= Aim of the task =
Which lines of the data hold the word "antt"? Copy all of them.

[Collected data entries]
◇ ◇ ◇ ◇ ◇ ◇ ◇

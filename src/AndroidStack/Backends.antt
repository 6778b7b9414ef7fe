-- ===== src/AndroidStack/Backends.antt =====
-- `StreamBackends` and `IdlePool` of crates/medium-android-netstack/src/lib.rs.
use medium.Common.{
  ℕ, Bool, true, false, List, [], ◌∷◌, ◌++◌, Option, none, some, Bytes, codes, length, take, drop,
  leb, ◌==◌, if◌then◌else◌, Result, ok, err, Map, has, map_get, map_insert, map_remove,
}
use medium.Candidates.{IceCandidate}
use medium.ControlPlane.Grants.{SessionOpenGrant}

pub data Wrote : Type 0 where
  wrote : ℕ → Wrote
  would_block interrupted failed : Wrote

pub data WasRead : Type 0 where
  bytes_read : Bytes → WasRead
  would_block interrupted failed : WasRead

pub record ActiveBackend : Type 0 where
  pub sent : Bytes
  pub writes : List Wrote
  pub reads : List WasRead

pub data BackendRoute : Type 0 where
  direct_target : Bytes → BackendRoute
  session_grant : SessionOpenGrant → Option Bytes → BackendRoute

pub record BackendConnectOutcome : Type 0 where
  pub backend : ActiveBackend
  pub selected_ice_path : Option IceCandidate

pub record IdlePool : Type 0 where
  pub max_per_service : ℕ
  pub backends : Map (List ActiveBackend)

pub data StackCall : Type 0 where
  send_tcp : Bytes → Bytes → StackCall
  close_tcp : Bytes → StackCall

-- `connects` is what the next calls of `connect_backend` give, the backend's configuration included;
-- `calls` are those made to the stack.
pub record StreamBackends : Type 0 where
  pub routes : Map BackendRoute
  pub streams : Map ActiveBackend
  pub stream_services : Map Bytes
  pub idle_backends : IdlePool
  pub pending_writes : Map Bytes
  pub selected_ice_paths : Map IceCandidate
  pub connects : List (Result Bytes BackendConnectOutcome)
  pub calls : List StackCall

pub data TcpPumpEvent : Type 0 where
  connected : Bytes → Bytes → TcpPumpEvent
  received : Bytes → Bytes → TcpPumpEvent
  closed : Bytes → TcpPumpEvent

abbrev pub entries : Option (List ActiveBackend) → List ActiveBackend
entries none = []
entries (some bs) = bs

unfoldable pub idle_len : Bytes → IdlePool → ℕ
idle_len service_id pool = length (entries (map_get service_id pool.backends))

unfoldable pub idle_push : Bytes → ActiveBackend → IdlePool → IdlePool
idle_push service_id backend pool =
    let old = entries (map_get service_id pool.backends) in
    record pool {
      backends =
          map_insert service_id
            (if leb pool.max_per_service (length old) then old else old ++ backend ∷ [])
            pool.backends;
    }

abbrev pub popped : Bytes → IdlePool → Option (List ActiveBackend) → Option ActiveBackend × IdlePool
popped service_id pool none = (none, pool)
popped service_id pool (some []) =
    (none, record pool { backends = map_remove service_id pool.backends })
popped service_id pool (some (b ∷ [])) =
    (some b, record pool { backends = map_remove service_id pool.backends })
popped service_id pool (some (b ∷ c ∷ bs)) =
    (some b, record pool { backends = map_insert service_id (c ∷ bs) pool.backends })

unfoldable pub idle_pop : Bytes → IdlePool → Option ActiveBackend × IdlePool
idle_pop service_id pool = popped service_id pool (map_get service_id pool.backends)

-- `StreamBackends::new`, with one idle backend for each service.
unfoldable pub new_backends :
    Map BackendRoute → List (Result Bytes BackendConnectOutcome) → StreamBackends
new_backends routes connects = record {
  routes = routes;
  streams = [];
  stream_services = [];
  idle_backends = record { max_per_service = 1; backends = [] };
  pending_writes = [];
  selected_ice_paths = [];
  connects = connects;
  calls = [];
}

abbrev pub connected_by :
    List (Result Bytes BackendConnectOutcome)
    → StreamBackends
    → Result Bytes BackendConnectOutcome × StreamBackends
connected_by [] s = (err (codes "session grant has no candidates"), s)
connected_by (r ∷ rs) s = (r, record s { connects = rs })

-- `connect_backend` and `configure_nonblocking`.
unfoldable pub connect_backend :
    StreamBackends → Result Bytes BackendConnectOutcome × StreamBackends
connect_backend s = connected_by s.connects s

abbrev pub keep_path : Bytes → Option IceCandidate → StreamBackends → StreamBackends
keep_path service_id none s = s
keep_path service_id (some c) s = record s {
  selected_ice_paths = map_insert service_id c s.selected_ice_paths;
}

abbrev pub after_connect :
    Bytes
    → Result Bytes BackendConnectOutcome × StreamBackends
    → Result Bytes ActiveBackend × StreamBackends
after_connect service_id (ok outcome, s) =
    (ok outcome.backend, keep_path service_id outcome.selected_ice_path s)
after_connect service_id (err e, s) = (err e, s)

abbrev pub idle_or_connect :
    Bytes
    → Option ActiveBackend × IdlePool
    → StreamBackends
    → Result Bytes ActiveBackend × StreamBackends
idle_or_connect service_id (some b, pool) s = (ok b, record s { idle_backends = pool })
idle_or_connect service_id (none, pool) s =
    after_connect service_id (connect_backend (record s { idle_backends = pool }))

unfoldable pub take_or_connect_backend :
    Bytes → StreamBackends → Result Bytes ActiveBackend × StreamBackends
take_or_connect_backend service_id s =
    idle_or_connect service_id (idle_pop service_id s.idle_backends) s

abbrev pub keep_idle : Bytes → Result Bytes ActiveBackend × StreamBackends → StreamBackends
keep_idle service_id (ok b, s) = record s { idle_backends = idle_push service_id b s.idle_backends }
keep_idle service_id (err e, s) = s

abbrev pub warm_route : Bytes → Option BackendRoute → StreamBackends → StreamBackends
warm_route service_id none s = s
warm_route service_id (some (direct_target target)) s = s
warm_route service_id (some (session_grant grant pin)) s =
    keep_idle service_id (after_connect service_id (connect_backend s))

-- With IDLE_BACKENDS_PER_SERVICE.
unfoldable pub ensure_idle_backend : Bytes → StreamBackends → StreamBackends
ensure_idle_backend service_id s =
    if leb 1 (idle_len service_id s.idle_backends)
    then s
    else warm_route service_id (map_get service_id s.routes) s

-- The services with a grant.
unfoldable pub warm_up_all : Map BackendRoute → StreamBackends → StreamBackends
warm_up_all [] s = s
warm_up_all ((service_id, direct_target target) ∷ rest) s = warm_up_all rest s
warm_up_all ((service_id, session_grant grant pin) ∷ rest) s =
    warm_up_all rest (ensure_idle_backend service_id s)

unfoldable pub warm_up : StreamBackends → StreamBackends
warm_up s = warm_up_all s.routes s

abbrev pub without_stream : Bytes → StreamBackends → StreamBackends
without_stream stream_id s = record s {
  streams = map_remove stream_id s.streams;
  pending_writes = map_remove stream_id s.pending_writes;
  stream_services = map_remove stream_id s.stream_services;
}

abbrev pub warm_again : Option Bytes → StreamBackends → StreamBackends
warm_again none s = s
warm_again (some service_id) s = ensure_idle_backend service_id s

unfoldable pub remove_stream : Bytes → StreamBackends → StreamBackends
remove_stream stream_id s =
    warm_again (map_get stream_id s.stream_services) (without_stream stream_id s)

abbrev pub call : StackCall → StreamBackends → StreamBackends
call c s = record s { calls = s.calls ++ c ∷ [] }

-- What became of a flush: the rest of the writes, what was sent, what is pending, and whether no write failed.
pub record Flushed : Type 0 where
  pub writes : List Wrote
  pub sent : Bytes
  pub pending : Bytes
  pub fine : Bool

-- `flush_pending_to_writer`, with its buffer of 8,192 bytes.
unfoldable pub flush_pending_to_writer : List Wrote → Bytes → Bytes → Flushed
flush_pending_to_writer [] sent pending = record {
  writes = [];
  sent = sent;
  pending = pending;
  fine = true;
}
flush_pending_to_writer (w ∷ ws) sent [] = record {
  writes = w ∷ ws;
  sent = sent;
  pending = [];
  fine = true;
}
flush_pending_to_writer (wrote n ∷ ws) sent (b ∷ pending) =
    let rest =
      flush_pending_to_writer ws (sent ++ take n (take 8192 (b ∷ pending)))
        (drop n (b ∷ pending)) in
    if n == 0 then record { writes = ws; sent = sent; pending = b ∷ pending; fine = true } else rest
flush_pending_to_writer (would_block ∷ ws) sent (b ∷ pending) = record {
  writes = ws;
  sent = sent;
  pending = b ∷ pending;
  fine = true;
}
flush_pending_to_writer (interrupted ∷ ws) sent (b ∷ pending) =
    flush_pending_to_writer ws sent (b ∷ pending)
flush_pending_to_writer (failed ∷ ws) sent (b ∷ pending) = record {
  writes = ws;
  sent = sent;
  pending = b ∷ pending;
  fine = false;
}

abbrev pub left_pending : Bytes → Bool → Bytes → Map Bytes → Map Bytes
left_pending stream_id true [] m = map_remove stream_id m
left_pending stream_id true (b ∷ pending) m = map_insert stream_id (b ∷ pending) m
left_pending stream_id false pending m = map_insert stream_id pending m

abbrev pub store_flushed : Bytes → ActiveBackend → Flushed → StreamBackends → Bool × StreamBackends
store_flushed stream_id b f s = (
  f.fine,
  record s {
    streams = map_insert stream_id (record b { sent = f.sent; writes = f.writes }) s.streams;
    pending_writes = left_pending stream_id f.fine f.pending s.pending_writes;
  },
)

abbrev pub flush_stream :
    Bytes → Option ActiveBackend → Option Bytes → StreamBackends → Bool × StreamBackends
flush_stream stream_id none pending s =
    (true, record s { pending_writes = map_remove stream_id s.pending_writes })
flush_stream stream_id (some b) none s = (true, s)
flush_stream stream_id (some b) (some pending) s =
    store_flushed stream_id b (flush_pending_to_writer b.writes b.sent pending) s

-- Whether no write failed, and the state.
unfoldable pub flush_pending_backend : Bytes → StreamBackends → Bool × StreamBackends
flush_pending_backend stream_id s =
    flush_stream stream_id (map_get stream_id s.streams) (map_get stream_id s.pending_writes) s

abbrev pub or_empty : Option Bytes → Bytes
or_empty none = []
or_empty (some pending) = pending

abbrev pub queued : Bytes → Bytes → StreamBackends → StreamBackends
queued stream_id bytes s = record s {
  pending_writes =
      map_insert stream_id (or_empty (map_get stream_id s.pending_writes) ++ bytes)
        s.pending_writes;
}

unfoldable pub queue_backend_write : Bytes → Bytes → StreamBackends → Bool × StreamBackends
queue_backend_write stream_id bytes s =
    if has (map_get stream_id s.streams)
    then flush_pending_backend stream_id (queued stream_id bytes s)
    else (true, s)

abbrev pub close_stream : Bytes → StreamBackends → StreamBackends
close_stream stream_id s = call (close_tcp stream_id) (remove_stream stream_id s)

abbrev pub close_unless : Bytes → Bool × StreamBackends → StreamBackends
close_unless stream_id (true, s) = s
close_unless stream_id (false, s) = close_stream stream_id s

◇ ◇ ◇ ◇ ◇ ◇ ◇

= Written answer =
filename src/AndroidStack/Backends.antt
-- ===== src/AndroidStack/Backends.antt =====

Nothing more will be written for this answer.